■ WHAT IS NEEDED
Below are the entries; give again exactly the lines from the one mentioning "abbrev pub optional_part" through the one mentioning "build_order_by_clause [] = []", inclusive.

EXCERPTED DATA: Begin

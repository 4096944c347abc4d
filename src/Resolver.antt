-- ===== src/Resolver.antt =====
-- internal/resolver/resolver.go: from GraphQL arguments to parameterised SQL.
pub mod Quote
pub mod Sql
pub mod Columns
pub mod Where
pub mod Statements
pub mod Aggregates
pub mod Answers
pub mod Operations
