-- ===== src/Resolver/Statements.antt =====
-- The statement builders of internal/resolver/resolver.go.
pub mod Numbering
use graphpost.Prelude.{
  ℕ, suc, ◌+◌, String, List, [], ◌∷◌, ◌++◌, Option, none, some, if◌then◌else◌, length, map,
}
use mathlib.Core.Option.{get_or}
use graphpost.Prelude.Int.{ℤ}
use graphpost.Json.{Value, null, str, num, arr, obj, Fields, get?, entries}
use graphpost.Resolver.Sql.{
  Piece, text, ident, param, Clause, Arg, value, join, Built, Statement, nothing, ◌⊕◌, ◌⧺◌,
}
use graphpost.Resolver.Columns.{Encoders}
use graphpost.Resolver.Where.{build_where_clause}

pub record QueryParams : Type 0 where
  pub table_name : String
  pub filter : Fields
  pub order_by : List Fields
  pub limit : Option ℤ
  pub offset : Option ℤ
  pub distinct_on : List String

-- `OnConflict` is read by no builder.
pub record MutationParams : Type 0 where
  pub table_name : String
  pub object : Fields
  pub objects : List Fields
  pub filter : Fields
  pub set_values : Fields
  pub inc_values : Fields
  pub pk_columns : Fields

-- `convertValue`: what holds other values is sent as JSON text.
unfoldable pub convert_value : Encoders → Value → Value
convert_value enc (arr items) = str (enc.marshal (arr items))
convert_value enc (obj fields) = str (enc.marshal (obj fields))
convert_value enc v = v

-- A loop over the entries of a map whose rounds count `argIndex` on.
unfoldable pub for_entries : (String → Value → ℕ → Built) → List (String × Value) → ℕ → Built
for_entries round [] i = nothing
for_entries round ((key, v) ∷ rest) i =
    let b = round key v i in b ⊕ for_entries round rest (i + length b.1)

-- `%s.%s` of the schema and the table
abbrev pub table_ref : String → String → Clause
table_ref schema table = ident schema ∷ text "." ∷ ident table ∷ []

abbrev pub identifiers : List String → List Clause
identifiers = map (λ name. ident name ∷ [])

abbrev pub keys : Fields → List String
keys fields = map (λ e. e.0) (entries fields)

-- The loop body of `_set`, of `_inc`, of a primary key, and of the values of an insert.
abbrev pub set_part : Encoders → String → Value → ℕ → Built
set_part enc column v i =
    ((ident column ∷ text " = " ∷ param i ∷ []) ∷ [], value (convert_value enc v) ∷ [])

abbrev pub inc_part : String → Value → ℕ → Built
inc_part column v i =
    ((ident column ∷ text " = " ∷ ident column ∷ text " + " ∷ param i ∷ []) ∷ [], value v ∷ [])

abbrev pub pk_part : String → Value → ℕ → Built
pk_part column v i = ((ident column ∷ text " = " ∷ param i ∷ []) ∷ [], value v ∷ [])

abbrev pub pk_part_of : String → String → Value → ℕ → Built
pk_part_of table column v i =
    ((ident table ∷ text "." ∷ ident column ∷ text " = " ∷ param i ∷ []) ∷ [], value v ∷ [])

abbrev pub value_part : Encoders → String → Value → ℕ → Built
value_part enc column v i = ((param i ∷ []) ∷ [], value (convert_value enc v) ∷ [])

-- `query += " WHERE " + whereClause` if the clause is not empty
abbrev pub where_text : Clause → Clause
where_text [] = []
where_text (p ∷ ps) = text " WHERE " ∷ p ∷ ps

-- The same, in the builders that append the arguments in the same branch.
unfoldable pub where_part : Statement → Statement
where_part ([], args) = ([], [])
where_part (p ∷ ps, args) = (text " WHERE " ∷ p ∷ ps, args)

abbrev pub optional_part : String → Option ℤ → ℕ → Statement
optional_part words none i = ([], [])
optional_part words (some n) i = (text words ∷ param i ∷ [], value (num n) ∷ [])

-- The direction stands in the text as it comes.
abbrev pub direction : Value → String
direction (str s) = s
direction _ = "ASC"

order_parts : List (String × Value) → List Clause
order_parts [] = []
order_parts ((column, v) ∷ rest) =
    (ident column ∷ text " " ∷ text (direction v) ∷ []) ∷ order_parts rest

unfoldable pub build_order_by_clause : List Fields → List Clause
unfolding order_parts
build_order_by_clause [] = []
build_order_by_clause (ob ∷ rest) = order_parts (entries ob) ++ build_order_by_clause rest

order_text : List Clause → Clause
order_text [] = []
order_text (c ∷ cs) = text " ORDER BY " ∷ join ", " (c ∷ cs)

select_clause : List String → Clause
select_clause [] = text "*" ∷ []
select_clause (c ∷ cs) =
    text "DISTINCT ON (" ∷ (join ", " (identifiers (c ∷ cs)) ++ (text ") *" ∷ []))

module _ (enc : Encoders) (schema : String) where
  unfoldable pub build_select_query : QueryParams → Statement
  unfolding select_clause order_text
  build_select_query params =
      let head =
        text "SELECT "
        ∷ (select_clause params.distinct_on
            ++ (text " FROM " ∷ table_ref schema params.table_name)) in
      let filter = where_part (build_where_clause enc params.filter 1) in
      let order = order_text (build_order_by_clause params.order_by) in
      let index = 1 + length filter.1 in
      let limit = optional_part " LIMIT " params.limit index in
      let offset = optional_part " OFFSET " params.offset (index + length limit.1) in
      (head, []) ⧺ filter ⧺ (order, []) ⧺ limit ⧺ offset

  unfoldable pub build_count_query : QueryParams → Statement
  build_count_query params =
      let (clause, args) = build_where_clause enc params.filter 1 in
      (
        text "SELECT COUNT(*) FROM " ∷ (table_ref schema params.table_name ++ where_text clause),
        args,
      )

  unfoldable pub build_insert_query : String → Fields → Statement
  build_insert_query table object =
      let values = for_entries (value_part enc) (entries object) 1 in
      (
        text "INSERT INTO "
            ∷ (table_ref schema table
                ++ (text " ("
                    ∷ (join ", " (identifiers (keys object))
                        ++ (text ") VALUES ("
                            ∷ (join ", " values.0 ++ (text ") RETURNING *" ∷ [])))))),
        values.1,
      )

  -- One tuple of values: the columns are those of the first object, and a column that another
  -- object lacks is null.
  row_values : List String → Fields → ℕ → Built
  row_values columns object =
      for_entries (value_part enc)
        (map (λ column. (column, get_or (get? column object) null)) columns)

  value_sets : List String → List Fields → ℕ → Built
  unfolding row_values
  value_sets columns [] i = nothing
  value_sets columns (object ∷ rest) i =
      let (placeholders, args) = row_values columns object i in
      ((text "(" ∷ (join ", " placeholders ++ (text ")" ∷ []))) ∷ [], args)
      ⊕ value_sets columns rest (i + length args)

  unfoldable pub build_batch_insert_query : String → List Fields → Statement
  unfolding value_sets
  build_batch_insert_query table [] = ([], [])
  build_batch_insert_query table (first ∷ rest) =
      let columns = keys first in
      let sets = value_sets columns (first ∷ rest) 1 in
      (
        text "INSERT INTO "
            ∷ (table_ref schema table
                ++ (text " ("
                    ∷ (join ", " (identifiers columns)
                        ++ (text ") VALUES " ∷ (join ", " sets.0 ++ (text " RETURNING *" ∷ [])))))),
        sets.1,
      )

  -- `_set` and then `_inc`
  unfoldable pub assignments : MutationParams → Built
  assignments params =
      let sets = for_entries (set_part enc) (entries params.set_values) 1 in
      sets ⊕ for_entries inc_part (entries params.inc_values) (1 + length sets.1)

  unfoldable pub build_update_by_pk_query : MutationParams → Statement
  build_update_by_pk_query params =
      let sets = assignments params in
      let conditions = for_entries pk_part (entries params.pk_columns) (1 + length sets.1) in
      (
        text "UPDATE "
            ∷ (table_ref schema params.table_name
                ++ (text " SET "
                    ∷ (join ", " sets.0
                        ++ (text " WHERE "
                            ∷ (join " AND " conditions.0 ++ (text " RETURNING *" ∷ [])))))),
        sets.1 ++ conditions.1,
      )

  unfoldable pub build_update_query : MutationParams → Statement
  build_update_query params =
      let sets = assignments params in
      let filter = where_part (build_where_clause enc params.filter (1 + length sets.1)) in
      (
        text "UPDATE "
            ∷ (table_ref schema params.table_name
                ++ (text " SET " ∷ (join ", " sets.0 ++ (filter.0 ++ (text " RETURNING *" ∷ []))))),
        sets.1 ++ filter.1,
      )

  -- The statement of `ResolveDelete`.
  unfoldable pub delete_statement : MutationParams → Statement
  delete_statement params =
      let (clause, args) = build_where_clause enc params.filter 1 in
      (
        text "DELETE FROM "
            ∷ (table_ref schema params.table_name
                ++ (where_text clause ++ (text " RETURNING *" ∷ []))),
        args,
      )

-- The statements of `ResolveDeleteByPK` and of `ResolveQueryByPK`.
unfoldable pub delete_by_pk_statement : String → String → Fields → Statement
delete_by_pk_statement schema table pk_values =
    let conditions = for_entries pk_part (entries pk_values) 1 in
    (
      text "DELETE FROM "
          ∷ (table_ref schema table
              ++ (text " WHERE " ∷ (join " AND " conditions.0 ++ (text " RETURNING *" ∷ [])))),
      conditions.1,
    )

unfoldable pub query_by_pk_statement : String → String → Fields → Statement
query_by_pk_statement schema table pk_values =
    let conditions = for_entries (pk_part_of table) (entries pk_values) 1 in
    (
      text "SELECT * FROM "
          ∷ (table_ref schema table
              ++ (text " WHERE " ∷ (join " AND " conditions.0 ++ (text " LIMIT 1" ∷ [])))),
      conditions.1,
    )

EXCERPTED DATA: End

■ ANSWER SECTION
abbrev pub optional_part : String → Option ℤ → ℕ → Statement
optional_part words none i = ([], [])
optional_part words (some n) i = (text words ∷ param i ∷ [], value (num n) ∷ [])

-- The direction stands in the text as it comes.
abbrev pub direction : Value → String
direction (str s) = s
direction _ = "ASC"

order_parts : List (String × Value) → List Clause
order_parts [] = []
order_parts ((column, v) ∷ rest) =
    (ident column ∷ text " " ∷ text (direction v) ∷ []) ∷ order_parts rest

unfoldable pub build_order_by_clause : List Fields → List Clause
unfolding order_parts
build_order_by_clause [] = []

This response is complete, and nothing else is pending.